■ **Work to be completed**
Would you copy each line of the records that includes the word "omega"?

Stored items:
★ ★ ★ ★ ★ ★ ★
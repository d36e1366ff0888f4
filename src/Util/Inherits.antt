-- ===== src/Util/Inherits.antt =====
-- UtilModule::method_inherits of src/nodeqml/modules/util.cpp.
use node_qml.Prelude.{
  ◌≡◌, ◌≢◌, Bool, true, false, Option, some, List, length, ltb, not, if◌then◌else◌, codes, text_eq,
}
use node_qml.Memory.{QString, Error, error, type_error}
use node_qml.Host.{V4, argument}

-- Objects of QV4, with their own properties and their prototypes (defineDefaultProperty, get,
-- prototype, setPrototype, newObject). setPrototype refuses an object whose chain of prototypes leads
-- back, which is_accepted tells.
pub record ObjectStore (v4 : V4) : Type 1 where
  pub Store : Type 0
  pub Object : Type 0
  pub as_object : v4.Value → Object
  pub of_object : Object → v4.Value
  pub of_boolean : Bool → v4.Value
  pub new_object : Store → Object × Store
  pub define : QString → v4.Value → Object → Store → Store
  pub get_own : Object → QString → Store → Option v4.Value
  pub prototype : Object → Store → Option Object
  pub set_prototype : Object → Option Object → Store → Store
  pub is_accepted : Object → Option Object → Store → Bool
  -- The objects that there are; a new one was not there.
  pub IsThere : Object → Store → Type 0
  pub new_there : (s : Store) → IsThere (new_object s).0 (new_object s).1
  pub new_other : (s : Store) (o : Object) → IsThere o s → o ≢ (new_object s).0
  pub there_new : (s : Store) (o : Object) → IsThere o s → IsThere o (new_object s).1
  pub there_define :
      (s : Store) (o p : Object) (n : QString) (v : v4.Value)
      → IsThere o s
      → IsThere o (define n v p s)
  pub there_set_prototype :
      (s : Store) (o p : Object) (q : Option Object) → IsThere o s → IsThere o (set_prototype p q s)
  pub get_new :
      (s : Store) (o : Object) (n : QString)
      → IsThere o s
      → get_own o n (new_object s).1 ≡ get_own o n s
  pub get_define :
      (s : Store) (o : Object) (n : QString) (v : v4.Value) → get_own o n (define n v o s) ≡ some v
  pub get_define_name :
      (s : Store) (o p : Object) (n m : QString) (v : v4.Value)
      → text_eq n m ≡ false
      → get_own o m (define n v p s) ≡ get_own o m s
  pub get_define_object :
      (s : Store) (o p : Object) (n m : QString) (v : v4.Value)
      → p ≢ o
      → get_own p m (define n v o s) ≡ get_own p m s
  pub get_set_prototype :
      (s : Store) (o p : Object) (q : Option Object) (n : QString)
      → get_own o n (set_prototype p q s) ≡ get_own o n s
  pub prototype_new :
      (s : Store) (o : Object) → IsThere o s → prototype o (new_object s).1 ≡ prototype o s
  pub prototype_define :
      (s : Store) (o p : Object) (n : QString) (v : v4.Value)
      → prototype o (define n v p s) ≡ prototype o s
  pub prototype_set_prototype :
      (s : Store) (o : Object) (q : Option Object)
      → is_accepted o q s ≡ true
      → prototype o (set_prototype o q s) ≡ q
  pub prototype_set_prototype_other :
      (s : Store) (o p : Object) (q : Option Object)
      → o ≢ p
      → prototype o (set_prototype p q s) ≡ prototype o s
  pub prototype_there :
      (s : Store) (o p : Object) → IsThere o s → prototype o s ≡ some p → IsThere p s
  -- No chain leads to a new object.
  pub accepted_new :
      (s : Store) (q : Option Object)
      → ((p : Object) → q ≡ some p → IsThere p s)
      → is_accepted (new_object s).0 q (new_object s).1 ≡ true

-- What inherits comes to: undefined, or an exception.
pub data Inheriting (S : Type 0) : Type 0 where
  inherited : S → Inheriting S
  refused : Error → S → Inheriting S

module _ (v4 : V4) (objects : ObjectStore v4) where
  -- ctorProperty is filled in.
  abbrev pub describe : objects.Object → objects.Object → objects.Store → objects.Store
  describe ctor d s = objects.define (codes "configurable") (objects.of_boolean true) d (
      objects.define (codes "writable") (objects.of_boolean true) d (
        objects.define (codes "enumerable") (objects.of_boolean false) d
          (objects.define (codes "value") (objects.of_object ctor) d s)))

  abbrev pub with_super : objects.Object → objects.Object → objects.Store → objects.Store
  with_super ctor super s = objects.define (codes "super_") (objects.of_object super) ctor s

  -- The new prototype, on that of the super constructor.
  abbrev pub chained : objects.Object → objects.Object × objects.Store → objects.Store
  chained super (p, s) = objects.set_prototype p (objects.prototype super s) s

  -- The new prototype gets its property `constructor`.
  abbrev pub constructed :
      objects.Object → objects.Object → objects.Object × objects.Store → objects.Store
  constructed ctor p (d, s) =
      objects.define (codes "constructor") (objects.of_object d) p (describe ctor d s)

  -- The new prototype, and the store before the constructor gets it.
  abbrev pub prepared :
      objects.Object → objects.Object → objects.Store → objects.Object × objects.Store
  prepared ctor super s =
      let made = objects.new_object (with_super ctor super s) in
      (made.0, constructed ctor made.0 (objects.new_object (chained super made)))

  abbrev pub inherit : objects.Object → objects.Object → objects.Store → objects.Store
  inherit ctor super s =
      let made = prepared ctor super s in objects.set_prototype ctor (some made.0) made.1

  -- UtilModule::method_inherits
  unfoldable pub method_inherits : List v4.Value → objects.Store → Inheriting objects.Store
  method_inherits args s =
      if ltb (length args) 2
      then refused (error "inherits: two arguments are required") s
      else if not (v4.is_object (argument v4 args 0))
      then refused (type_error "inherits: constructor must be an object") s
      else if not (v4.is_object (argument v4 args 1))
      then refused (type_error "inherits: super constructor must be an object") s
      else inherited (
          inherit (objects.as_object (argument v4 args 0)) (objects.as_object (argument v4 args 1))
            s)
★ ★ ★ ★ ★ ★ ★
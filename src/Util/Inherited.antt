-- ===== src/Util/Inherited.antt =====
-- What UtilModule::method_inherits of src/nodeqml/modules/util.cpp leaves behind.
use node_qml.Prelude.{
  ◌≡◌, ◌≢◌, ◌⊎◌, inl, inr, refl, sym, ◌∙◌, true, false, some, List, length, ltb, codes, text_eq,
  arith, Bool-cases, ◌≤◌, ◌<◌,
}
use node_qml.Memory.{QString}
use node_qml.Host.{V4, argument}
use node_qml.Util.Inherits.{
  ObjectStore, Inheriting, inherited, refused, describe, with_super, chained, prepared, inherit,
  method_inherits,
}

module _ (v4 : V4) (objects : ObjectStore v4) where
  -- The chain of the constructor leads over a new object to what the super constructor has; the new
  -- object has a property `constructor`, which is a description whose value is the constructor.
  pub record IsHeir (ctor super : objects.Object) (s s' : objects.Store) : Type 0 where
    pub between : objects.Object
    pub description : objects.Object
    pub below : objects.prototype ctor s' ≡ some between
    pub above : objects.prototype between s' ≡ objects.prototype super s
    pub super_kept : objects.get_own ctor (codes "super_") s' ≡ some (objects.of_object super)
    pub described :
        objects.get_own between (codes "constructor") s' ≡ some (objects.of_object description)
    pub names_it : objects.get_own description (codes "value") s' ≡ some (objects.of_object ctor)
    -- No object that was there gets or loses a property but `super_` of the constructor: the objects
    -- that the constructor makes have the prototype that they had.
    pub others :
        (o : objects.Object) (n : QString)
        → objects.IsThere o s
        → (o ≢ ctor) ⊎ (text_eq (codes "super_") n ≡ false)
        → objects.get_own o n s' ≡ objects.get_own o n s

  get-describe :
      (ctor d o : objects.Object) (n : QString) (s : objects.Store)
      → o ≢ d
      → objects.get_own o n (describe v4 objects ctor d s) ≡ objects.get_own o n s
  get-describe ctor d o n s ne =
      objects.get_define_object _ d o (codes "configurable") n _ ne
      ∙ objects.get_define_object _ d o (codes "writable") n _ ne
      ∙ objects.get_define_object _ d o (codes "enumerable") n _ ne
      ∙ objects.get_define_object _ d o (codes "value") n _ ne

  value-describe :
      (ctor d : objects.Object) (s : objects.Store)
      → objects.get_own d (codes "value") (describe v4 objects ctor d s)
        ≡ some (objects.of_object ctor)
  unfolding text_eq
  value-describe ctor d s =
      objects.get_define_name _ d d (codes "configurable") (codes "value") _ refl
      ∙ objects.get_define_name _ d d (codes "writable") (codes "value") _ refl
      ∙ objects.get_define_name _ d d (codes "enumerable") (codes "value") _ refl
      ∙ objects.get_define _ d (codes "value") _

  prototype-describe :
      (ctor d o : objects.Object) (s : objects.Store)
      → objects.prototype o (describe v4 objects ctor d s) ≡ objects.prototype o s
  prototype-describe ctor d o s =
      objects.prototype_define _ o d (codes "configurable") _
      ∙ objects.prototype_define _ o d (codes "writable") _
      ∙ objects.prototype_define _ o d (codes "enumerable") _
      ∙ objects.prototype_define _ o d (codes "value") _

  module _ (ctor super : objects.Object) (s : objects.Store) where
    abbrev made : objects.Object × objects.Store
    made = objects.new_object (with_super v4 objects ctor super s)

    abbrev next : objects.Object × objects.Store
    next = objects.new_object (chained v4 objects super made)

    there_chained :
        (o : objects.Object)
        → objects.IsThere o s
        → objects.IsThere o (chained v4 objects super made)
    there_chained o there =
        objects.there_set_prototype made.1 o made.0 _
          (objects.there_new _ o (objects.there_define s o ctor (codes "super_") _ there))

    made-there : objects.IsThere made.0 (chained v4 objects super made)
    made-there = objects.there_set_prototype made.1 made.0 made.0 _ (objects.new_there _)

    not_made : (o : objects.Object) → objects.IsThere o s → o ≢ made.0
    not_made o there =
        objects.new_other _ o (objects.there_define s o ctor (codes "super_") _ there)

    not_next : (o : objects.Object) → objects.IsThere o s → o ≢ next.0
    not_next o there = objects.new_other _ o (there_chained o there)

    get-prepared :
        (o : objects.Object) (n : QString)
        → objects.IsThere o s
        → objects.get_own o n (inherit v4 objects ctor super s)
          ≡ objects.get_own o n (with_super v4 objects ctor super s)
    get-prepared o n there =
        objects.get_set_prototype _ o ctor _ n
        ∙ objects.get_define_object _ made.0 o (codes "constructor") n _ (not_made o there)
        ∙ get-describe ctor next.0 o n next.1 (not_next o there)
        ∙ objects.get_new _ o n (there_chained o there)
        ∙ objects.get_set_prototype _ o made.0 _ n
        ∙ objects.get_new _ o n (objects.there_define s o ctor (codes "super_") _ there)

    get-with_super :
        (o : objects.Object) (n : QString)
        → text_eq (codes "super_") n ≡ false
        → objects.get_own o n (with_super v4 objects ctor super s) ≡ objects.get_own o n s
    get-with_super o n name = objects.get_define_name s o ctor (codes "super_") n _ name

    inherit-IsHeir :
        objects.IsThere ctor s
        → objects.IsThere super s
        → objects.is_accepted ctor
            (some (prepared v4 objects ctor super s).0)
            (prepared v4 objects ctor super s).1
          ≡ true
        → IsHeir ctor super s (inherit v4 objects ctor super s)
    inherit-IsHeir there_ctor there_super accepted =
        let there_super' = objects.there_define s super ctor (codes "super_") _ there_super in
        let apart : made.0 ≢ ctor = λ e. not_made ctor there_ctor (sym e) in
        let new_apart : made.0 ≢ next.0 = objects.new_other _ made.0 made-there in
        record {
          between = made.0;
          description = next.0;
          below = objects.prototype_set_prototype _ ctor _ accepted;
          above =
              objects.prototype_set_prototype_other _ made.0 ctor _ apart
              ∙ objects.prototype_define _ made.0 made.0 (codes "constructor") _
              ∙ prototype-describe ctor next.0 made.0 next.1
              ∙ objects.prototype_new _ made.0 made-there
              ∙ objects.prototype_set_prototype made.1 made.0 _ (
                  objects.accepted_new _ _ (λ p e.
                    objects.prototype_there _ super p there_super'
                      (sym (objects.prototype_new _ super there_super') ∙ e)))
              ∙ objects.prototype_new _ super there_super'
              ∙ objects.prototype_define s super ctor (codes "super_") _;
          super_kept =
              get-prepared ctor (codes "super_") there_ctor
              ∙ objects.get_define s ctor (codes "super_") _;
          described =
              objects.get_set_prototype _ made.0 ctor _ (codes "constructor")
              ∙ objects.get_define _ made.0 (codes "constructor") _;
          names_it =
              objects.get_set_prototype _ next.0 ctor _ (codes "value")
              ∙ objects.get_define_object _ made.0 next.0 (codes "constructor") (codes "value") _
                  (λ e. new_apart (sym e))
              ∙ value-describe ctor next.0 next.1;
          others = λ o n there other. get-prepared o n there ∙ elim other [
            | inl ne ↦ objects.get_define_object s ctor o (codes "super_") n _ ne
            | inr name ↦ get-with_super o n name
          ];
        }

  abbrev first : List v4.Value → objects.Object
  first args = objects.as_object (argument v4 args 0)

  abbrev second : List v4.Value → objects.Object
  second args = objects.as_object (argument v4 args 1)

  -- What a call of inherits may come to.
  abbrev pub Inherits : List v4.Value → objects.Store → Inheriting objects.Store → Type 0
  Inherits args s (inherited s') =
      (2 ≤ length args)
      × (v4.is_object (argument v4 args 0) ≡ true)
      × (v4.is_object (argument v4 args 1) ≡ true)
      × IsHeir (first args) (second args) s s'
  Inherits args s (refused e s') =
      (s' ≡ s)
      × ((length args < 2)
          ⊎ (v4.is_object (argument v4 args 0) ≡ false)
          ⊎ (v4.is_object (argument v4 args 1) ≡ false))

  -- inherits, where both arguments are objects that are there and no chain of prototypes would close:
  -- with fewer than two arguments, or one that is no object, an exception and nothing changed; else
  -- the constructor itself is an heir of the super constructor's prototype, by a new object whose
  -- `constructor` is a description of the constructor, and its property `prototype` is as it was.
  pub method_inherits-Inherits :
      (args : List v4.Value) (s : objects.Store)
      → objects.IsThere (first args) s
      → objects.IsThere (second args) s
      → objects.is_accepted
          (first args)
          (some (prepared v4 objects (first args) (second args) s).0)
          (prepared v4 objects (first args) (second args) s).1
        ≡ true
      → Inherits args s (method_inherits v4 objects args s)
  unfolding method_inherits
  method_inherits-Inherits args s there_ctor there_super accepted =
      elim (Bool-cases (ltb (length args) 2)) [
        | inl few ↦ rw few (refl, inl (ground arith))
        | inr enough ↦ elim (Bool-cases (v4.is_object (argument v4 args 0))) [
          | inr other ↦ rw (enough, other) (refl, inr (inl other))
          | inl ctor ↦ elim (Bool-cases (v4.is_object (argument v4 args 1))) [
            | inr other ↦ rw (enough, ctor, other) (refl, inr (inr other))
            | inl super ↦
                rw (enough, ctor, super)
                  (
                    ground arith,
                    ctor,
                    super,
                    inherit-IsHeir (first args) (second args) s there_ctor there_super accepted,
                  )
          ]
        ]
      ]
★ ★ ★ ★ ★ ★ ★
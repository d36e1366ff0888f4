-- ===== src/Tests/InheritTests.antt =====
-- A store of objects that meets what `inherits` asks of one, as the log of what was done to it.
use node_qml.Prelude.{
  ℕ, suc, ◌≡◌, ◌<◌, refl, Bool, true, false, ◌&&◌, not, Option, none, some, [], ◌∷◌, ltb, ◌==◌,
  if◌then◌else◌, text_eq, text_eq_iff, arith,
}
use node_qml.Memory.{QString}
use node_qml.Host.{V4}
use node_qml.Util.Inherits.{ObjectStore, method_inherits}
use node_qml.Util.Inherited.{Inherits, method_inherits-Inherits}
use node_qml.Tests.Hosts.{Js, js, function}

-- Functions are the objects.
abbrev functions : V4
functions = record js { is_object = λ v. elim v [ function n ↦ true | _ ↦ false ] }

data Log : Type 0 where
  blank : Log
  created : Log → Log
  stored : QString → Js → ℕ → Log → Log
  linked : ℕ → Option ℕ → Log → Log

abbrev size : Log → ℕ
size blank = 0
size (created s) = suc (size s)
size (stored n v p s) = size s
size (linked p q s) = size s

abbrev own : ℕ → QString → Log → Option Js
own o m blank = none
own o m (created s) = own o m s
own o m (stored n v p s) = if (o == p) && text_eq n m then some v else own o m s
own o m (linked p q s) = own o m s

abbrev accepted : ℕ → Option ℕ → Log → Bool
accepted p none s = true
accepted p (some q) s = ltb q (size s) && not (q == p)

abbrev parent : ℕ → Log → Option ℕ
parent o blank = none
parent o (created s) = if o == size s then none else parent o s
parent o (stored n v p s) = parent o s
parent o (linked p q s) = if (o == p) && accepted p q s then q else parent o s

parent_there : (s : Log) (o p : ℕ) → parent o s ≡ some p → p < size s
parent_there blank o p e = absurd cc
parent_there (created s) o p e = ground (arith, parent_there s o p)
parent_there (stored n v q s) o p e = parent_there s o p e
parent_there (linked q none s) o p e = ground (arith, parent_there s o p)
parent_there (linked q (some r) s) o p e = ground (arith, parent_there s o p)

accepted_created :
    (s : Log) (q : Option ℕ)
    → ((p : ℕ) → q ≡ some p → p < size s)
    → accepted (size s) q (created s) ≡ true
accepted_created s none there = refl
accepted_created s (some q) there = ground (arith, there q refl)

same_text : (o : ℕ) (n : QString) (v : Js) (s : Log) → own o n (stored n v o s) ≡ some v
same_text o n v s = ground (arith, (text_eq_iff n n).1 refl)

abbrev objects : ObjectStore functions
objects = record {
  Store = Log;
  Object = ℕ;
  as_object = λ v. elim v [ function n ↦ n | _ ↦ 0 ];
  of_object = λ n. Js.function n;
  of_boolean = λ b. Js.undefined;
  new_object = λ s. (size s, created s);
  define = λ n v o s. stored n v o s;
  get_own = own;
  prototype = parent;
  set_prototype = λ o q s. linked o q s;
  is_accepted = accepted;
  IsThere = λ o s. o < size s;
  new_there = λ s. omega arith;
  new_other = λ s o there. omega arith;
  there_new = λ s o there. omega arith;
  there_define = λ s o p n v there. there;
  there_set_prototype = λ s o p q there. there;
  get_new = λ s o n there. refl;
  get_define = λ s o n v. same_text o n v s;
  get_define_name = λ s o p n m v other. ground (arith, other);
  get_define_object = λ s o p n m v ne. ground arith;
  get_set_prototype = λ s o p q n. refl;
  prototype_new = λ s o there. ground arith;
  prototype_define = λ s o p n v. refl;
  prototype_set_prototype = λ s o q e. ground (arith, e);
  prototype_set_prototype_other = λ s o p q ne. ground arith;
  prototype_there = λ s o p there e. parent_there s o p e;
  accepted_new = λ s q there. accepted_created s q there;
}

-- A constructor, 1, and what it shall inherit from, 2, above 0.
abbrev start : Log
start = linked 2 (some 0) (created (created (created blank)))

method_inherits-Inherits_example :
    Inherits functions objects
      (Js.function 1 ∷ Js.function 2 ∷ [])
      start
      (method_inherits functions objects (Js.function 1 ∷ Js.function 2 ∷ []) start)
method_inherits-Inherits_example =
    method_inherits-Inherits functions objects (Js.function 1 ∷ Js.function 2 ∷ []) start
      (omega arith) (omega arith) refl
★ ★ ★ ★ ★ ★ ★
■ **Result of this task**
  new_there = λ s. omega arith;
  new_other = λ s o there. omega arith;
  there_new = λ s o there. omega arith;
      (omega arith) (omega arith) refl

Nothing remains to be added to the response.